Range to reproduce from the entries below: the line with "users = λ user'.", the line with "empty_tick = record", and every line in between. Give them exactly and give nothing else.

==== Records to process

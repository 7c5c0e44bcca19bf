-- ===== src/Concentrated/Ticks.antt =====
-- liquidity_pool_concentrated/src/constants.rs, bitmap.rs and storage.rs: tick indexes, which are
-- `i32`s. The indexes of a pool lie between the bounds, so that no sum here overflows; products are
-- clamped.
pub mod Floor
use soroban_amm.Prelude.{
  ℕ, suc, ◌+◌, ◌-◌, ◌*◌, ◌/◌, ◌%◌, ◌^◌, Bool, true, false, ltb, ◌==◌, ◌&&◌, not, if◌then◌else◌,
}
use soroban_amm.Host.Integer.{ℤ, pos, negsuc, sub_ℕ, ◌+ℤ◌, ◌-ℤ◌, ltb_ℤ}

abbrev pub min_tick : ℤ
min_tick = negsuc 887271

abbrev pub max_tick : ℤ
max_tick = pos 887272

abbrev pub ticks_per_chunk : ℕ
ticks_per_chunk = 16

unfoldable pub max_liquidity_per_tick : ℕ → ℕ
max_liquidity_per_tick tick_spacing = (2 ^ 128 - 1) / (1774544 / tick_spacing + 1)

unfoldable pub eqb_ℤ : ℤ → ℤ → Bool
eqb_ℤ (pos m) (pos n) = m == n
eqb_ℤ (pos m) (negsuc n) = false
eqb_ℤ (negsuc m) (pos n) = false
eqb_ℤ (negsuc m) (negsuc n) = m == n

-- A product with a positive `i32`.
unfoldable pub times : ℤ → ℕ → ℤ
times (pos n) k = pos (n * k)
times (negsuc n) k = sub_ℕ 0 (suc n * k)

-- `/` and `%` on a dividend of either sign, which round to zero.
unfoldable pub truncated_div : ℤ → ℕ → ℤ
truncated_div (pos n) k = pos (n / k)
truncated_div (negsuc n) k = sub_ℕ 0 (suc n / k)

unfoldable pub truncated_rem : ℤ → ℕ → ℤ
truncated_rem (pos n) k = pos (n % k)
truncated_rem (negsuc n) k = sub_ℕ 0 (suc n % k)

-- `div_euclid` and `rem_euclid`; `>> 8` and `& 255` are those by 256.
unfoldable pub div_euclid : ℤ → ℕ → ℤ
div_euclid (pos n) k = pos (n / k)
div_euclid (negsuc n) k = negsuc (n / k)

unfoldable pub rem_euclid : ℤ → ℕ → ℕ
rem_euclid (pos n) k = n % k
rem_euclid (negsuc n) k = k - 1 - n % k

unfoldable pub compress_tick : ℤ → ℕ → ℤ
compress_tick tick spacing =
    let compressed = truncated_div tick spacing in
    if ltb_ℤ tick (pos 0) && not (eqb_ℤ (truncated_rem tick spacing) (pos 0))
    then compressed -ℤ pos 1
    else compressed

unfoldable pub clamp_tick : ℤ → ℤ
clamp_tick tick =
    let raised = if ltb_ℤ tick min_tick then min_tick else tick in
    if ltb_ℤ max_tick raised then max_tick else raised

-- A saturating `i32`.
unfoldable pub saturated_i32 : ℤ → ℤ
saturated_i32 (pos n) = if ltb n (2 ^ 31) then pos n else pos (2 ^ 31 - 1)
saturated_i32 (negsuc n) = if ltb n (2 ^ 31) then negsuc n else negsuc (2 ^ 31 - 1)

unfoldable pub compressed_to_tick : ℤ → ℕ → ℤ
compressed_to_tick compressed spacing = clamp_tick (saturated_i32 (times compressed spacing))

unfoldable pub chunk_address : ℤ → ℤ × ℕ
chunk_address compressed_tick =
    (div_euclid compressed_tick ticks_per_chunk, rem_euclid compressed_tick ticks_per_chunk)

unfoldable pub chunk_bitmap_position : ℤ → ℤ × ℕ
chunk_bitmap_position chunk_pos = (div_euclid chunk_pos 256, rem_euclid chunk_pos 256)

unfoldable pub word_bitmap_position : ℤ → ℤ × ℕ
word_bitmap_position chunk_bitmap_word_pos =
    (div_euclid chunk_bitmap_word_pos 256, rem_euclid chunk_bitmap_word_pos 256)

-- `(word_pos << 8) + bit`
unfoldable pub position_of : ℤ → ℕ → ℤ
position_of word_pos bit = times word_pos 256 +ℤ pos bit

-- `chunk_pos * TICKS_PER_CHUNK + slot`
unfoldable pub compressed_of : ℤ → ℕ → ℤ
compressed_of chunk_pos slot = times chunk_pos ticks_per_chunk +ℤ pos slot
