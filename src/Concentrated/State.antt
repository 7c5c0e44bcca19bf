-- ===== src/Concentrated/State.antt =====
-- liquidity_pool_concentrated/src/storage.rs and types.rs: what an initialized pool stores. A tick
-- spacing is positive, since `initialize` refuses others.
pub mod Places
use soroban_amm.Prelude.{
  ℕ, zero, suc, Bool, true, false, ◌&&◌, Option, none, some, List, [], ◌∷◌, ◌==◌, if◌then◌else◌,
}
use soroban_amm.Host.{Address, Result, ok, ◌>>=◌}
use soroban_amm.Host.Integer.{ℤ, pos}
use soroban_amm.Access.Store.{Access}
use soroban_amm.Stableswap.State.{get, set}
use soroban_amm.Concentrated.Ticks.{
  eqb_ℤ, compress_tick, chunk_address, min_tick, max_tick, ticks_per_chunk,
}

pub record Slot0 : Type 0 where
  pub sqrt_price_x96 : ℕ
  pub tick : ℤ

pub record PositionData : Type 0 where
  pub fee_growth_inside_0_last_x128 : ℕ
  pub fee_growth_inside_1_last_x128 : ℕ
  pub liquidity : ℕ
  pub tokens_owed_0 : ℕ
  pub tokens_owed_1 : ℕ

-- `TickInfo`, and `TickData`, which has the same fields in the same order.
pub record TickInfo : Type 0 where
  pub fee_growth_outside_0_x128 : ℕ
  pub fee_growth_outside_1_x128 : ℕ
  pub liquidity_gross : ℕ
  pub liquidity_net : ℤ

pub record ProtocolFees : Type 0 where
  pub token0 : ℕ
  pub token1 : ℕ

pub record PositionRange : Type 0 where
  pub tick_lower : ℤ
  pub tick_upper : ℤ

pub record UserState : Type 0 where
  pub positions : List PositionRange
  pub raw_liquidity : ℕ
  pub weighted_liquidity : ℕ

-- `DataKey`. A chunk or a position that is not stored is `none`, a word of a bitmap that is not
-- stored is zero, a user without a state has the default one.
pub record Pool : Type 0 where
  pub access : Access
  pub token0 : Address
  pub token1 : Address
  pub fee : ℕ
  pub tick_spacing : ℕ
  pub protocol_fee_fraction : ℕ
  pub slot0 : Slot0
  pub liquidity : ℕ
  pub fee_growth_global_0_x128 : ℕ
  pub fee_growth_global_1_x128 : ℕ
  pub protocol_fees : ProtocolFees
  pub reserve0 : ℕ
  pub reserve1 : ℕ
  pub min_init_tick : ℤ
  pub max_init_tick : ℤ
  pub total_raw_liquidity : ℕ
  pub total_weighted_liquidity : ℕ
  pub full_range_liquidity : ℕ
  pub is_killed_deposit : Bool
  pub is_killed_swap : Bool
  pub claim_killed : Bool
  pub tick_chunks : ℤ → Option (List TickInfo)
  pub chunk_bitmap : ℤ → ℕ
  pub word_bitmap : ℤ → ℕ
  pub positions : Address → ℤ → ℤ → Option PositionData
  pub users : Address → UserState

-- A map with another value at one key.
unfoldable pub put_at {ℓ} : {A : Type ℓ} → (ℤ → A) → ℤ → A → ℤ → A
put_at f k v j = if eqb_ℤ j k then v else f j

unfoldable pub same_range : Address → ℤ → ℤ → Address → ℤ → ℤ → Bool
same_range owner lower upper owner' lower' upper' =
    owner == owner' && eqb_ℤ lower lower' && eqb_ℤ upper upper'

-- `set_position`, and `remove_position` with `none`.
unfoldable pub put_position : Address → ℤ → ℤ → Option PositionData → Pool → Pool
put_position owner lower upper position p = record p {
  positions = λ owner' lower' upper'.
      if same_range owner' lower' upper' owner lower upper
      then position
      else p.positions owner' lower' upper';
}

unfoldable pub set_user_state : Address → UserState → Pool → Pool
set_user_state user state p = record p {
  users = λ user'. if user' == user then state else p.users user';
}

unfoldable pub set_tick_chunk : ℤ → List TickInfo → Pool → Pool
set_tick_chunk chunk_pos chunk p = record p {
  tick_chunks = put_at p.tick_chunks chunk_pos (some chunk);
}

abbrev pub empty_tick : TickInfo
empty_tick = record {
  fee_growth_outside_0_x128 = 0;
  fee_growth_outside_1_x128 = 0;
  liquidity_gross = 0;
  liquidity_net = pos 0;
}

unfoldable pub replicate : ℕ → List TickInfo
replicate zero = []
replicate (suc n) = empty_tick ∷ replicate n

unfoldable pub new_empty_chunk : List TickInfo
new_empty_chunk = replicate ticks_per_chunk

unfoldable pub or_empty_chunk : Option (List TickInfo) → List TickInfo
or_empty_chunk none = new_empty_chunk
or_empty_chunk (some chunk) = chunk

unfoldable pub get_or_create_tick_chunk : Pool → ℤ → List TickInfo
get_or_create_tick_chunk p chunk_pos = or_empty_chunk (p.tick_chunks chunk_pos)

-- `get_tick`, on the chunks of a pool or of a cache.
unfoldable pub tick_in : (ℤ → Option (List TickInfo)) → ℤ → ℕ → Result TickInfo
tick_in chunks tick spacing =
    let (chunk_pos, slot) = chunk_address (compress_tick tick spacing) in
    elim (chunks chunk_pos) [ some chunk ↦ get chunk slot | none ↦ ok empty_tick ]

unfoldable pub get_tick : Pool → ℤ → ℕ → Result TickInfo
get_tick p tick spacing = tick_in p.tick_chunks tick spacing

-- The end of the functions that write a tick into its chunk.
unfoldable pub write_tick : Pool → ℤ → ℕ → TickInfo → Result Pool
write_tick p tick spacing info = do
  let (chunk_pos, slot) = chunk_address (compress_tick tick spacing)
  chunk ← set (get_or_create_tick_chunk p chunk_pos) slot info
  ok (set_tick_chunk chunk_pos chunk p)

========

• _Result below_:
  users = λ user'. if user' == user then state else p.users user';
}

unfoldable pub set_tick_chunk : ℤ → List TickInfo → Pool → Pool
set_tick_chunk chunk_pos chunk p = record p {
  tick_chunks = put_at p.tick_chunks chunk_pos (some chunk);
}

abbrev pub empty_tick : TickInfo
empty_tick = record {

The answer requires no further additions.